Large Scale Rioting Taking Place in Hungary, September 2006
By Janos Kartikeya
http://educate-yourself.org/cn/riotsinhungary24sep06.shtml
September 24, 2006
Exclusive to www.educate-yourself.org
Budapest, Hungary
September 23, 2006. Over 50,000 people demonstrated in Kossuth Square, in front of the Parliament of this Central-Eastern European country of 10 million people. They want the government to go, and they won’t quit. Last night, they were over 60,000 protesters, according to observers.
Riots broke out on September 18 all across Hungary, after people had read or listened to a leaked unpublicized speech by Prime Minister Ferenc Gyurcsany, originally delivered on May 25 before a strictly closed audience of less than two hundred elites from his ruling Socialist Party, in a small resort town near Lake Balaton. In that speech, the Prime Minister stated that he was totally fed up by the fact that his party – and, by implication, the entire coalition – had constantly been "delivering lies" to the people who re-elected them over a narrow margin, barely a few months ago.

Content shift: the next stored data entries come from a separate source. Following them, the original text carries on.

-- ===== src/SystemAlerts/Server/Mirror/Tables.antt =====
-- Tables of alerts of system_alerts/server.py and client.py that agree.
use animacharacter_dev_src.Prelude.{
  ◌≡◌, refl, Bool, true, ◌&&◌, equal, Key, string_key, Float, Option, some, [], ◌∷◌, arith, inl,
  inr, ◌⊎◌, ℤ, int_key,
}
use animacharacter_dev_src.Prelude.Dict.{Dict, get, put, remove}
use mathlib.Core.Logic.{ite}
use animacharacter_dev_src.SystemAlerts.Alert.{Alert, alert_eq}
use animacharacter_dev_src.SystemAlerts.Transport.{Fits}
use animacharacter_dev_src.SystemAlerts.Server.{same_as}

equal_trans :
    {K : Type 0} ⦃e : Key K⦄ (x y z : K) → equal x y ≡ true → equal y z ≡ true → equal x z ≡ true
equal_trans x y z h k = ground (arith, h, k)

both :
    {a b c p q r : Bool}
    → (a ≡ true → b ≡ true → c ≡ true)
    → (p ≡ true → q ≡ true → r ≡ true)
    → (a && p) ≡ true
    → (b && q) ≡ true
    → (c && r) ≡ true
both f g h k = ground (arith, f, g, h, k)

-- Two tests of the same decision.
by_ite :
    {A : Type 0} {C D : Type 0} (R : C → D → Type 0) (same : Dec A) (x y : C) (v w : D)
    → R x v
    → R y w
    → R (ite same x y) (ite same v w)
by_ite R (yes _) x y v w h k = h
by_ite R (no _) x y v w h k = k

module _ {F : Type 0} where
  abbrev pub AreFit : Dict ℤ (Alert F) → Type 0
  AreFit [] = Unit
  AreFit ((k, a) ∷ d) = Fits a × AreFit d

  pub put-AreFit :
      (d : Dict ℤ (Alert F)) (k : ℤ) (a : Alert F) → Fits a → AreFit d → AreFit (put d k a)
  unfolding put
  put-AreFit [] k a fits h = (fits, tt)
  put-AreFit ((j, b) ∷ d) k a fits h =
      by_ite (λ x (y : Unit). AreFit x) (int_key.same j k) _ _ tt tt (fits, h.1)
        (h.0, put-AreFit d k a fits h.1)

  pub remove-AreFit : (d : Dict ℤ (Alert F)) (k : ℤ) → AreFit d → AreFit (remove d k)
  unfolding remove
  remove-AreFit [] k h = tt
  remove-AreFit ((j, b) ∷ d) k h =
      by_ite (λ x (y : Unit). AreFit x) (int_key.same j k) _ _ tt tt (remove-AreFit d k h.1)
        (h.0, remove-AreFit d k h.1)

  pub get-AreFit :
      (d : Dict ℤ (Alert F)) (k : ℤ) (a : Alert F) → AreFit d → get d k ≡ some a → Fits a
  unfolding get
  get-AreFit [] k a h q = absurd (cc q)
  get-AreFit ((j, b) ∷ d) k a h q = ground (arith, h.0, get-AreFit d k a h.1)

module _ {F : Type 0} ⦃o : Float F⦄ where
  -- the same alert, or alerts that compare equal
  abbrev pub Same : Alert F → Alert F → Type 0
  Same a b = (a ≡ b) ⊎ (alert_eq a b ≡ true)

  -- The same codes in the same order, with the same alerts.
  abbrev pub AreSame : Dict ℤ (Alert F) → Dict ℤ (Alert F) → Type 0
  AreSame [] [] = Unit
  AreSame [] (y ∷ e) = ⊥
  AreSame (x ∷ d) [] = ⊥
  AreSame ((j, a) ∷ d) ((k, b) ∷ e) = (j ≡ k) × Same a b × AreSame d e

  pub put-AreSame :
      (d e : Dict ℤ (Alert F)) (k : ℤ) (a : Alert F) → AreSame d e → AreSame (put d k a) (put e k a)
  unfolding put
  put-AreSame [] [] k a h = (refl, inl refl, tt)
  put-AreSame [] (y ∷ e) k a h = absurd h
  put-AreSame (x ∷ d) [] k a h = absurd h
  put-AreSame ((j, b) ∷ d) ((i, c) ∷ e) k a h = rw h.0 (
      by_ite AreSame (int_key.same i k) _ _ _ _ (refl, inl refl, h.2)
        (refl, h.1, put-AreSame d e k a h.2))

  pub remove-AreSame :
      (d e : Dict ℤ (Alert F)) (k : ℤ) → AreSame d e → AreSame (remove d k) (remove e k)
  unfolding remove
  remove-AreSame [] [] k h = tt
  remove-AreSame [] (y ∷ e) k h = absurd h
  remove-AreSame (x ∷ d) [] k h = absurd h
  remove-AreSame ((j, b) ∷ d) ((i, c) ∷ e) k h = rw h.0 (
      by_ite AreSame (int_key.same i k) _ _ _ _ (remove-AreSame d e k h.2)
        (refl, h.1, remove-AreSame d e k h.2))

module _ {F : Type 0} ⦃o : Float F⦄
    (eq_trans : (x y z : F) → o.eq_f x y ≡ true → o.eq_f y z ≡ true → o.eq_f x z ≡ true) where
  alert_eq_trans :
      (a b c : Alert F) → alert_eq a b ≡ true → alert_eq b c ≡ true → alert_eq a c ≡ true
  unfolding alert_eq
  alert_eq_trans a b c =
      both
        (both
          (both
            (both
              (both
                (both (equal_trans ⦃e = int_key⦄ a.level b.level c.level)
                  (equal_trans ⦃e = string_key⦄ a.src b.src c.src))
                (equal_trans ⦃e = int_key⦄ a.code b.code c.code))
              (eq_trans a.ttl b.ttl c.ttl))
            (equal_trans ⦃e = int_key⦄ a.subcode b.subcode c.subcode))
          (equal_trans ⦃e = string_key⦄ a.brief b.brief c.brief))
        (equal_trans ⦃e = string_key⦄ a.description b.description c.description)

  Same-trans : (a b c : Alert F) → Same a b → alert_eq b c ≡ true → Same a c
  Same-trans a b c (inl h) k = inr (rw h k)
  Same-trans a b c (inr h) k = inr (alert_eq_trans a b c h k)

  -- The test of one entry: it is the code's, or the code is looked for in the rest.
  placed :
      {A : Type 0} (same : Dec A) {i : ℤ} (j : ℤ) (b c a : Alert F) (d e e' : Dict ℤ (Alert F))
      (found : Option (Alert F))
      → AreSame ((j, b) ∷ d) ((i, c) ∷ e)
      → (same_as a found ≡ true → AreSame d e')
      → same_as a (ite same (some c) found) ≡ true
      → AreSame ((j, b) ∷ d) (ite same ((i, a) ∷ e) ((i, c) ∷ e'))
  placed (yes _) j b c a d e e' found h later q = (h.0, Same-trans b c a h.1 q, h.2)
  placed (no _) j b c a d e e' found h later q = (h.0, h.1, later q)

  -- An alert that compares equal to the one there takes its place.
  pub put-AreSame_quiet :
      (d e : Dict ℤ (Alert F)) (k : ℤ) (a : Alert F)
      → AreSame d e
      → same_as a (get e k) ≡ true
      → AreSame d (put e k a)
  unfolding put get
  put-AreSame_quiet [] [] k a h q = absurd (cc q)
  put-AreSame_quiet [] (y ∷ e) k a h q = absurd h
  put-AreSame_quiet (x ∷ d) [] k a h q = absurd h
  put-AreSame_quiet ((j, b) ∷ d) ((i, c) ∷ e) k a h q =
      placed (int_key.same i k) j b c a d e _ _ h (put-AreSame_quiet d e k a h.2) q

Gyurcsány said in his taped speech:
“It’s obvious that we’ve been lying all through the past year or two. It could be clear to anyone that what we were saying was untrue. And in the meantime, we did nothing at all. Absolutely nothing. […] We were lying in the morning, lying at noon and lying in the evening...”
News of his leaked speech broke late Sunday evening. By Monday, the main arteries of downtown Budapest were closed down by tens of thousands of demonstrators and every major city had hundreds or thousands of demonstrators on the main square, with most people demanding the resignation of the Prime Minister. In Budapest, events turned slightly violent – the demonstrators wanted the state-owned public TV station to read their demands in its broadcast, but they refused. The protestors, in turn, tried to enter the TV building, and began to clash with riot police who stood shoulder to shoulder in front of the buidling.
Szabadság Square, the entrance of the public TV across the US Embassy.
Picture from Indymedia, Sept. 19.
Later, seven cars were set on fire, Parisian style, while the crowd grabbed the hoses from the firemen. The fire spread to a part of the TV building for a while.
Around 2 a.m., the State Channel stopped broadcasting. Protestors damaged the Soviet Monument of Liberation, but nothing happened to the US Embassy which sits on the other side of the same Szabadság (‘Freedom’) Square right opposing the Soviet Monument.
Demonstrations had been going on all through the night, and continued the following day. The total number of protestors had decreased the next day, but the violence had increased. The police, who were largely non-violent on the first night of the demonstrations, turned progressively more violent; applying tear gas and rubber batons. By Wednesday night, the Police had dragged people from their cars if they were located near the sites of the demonstrations and damaged several cars ir order to blame the “right-wing” demonstrators *(see the explanation under section 2 of the use of the terms “right” and “left” in Hungary).
Demonstrators forced on the pavement by police – from index.hu, via Indymedia Sept. 20.
On some TV and radio channels, Ministers and politicians of the ruling Socialist-Liberal coalition blasted the rioters and called them names, while Mr Sólyom, President of the Republic (elected into office by nomination of a small Green organization on a stalemate between the two major parliamentary blocs) was demanding an apology from the PM. He
did not get it.
During the following day, certain sites in downtown Budapest were vandalized by angered mobs, as police became more and more abusive. Larger and larger masses continued to gather on Kossuth Square everyday in front of the Parliament with posters, but reports indicate that there was little violence there. Although CNN and Reuters were covering the events, it was difficult or impossible to get foreign coverage of the riots from within Hungary.
Ironically, the 50th anniversary of the 1956 uprising against the Soviets is due in four weeks, with local elections scheduled for October 1st.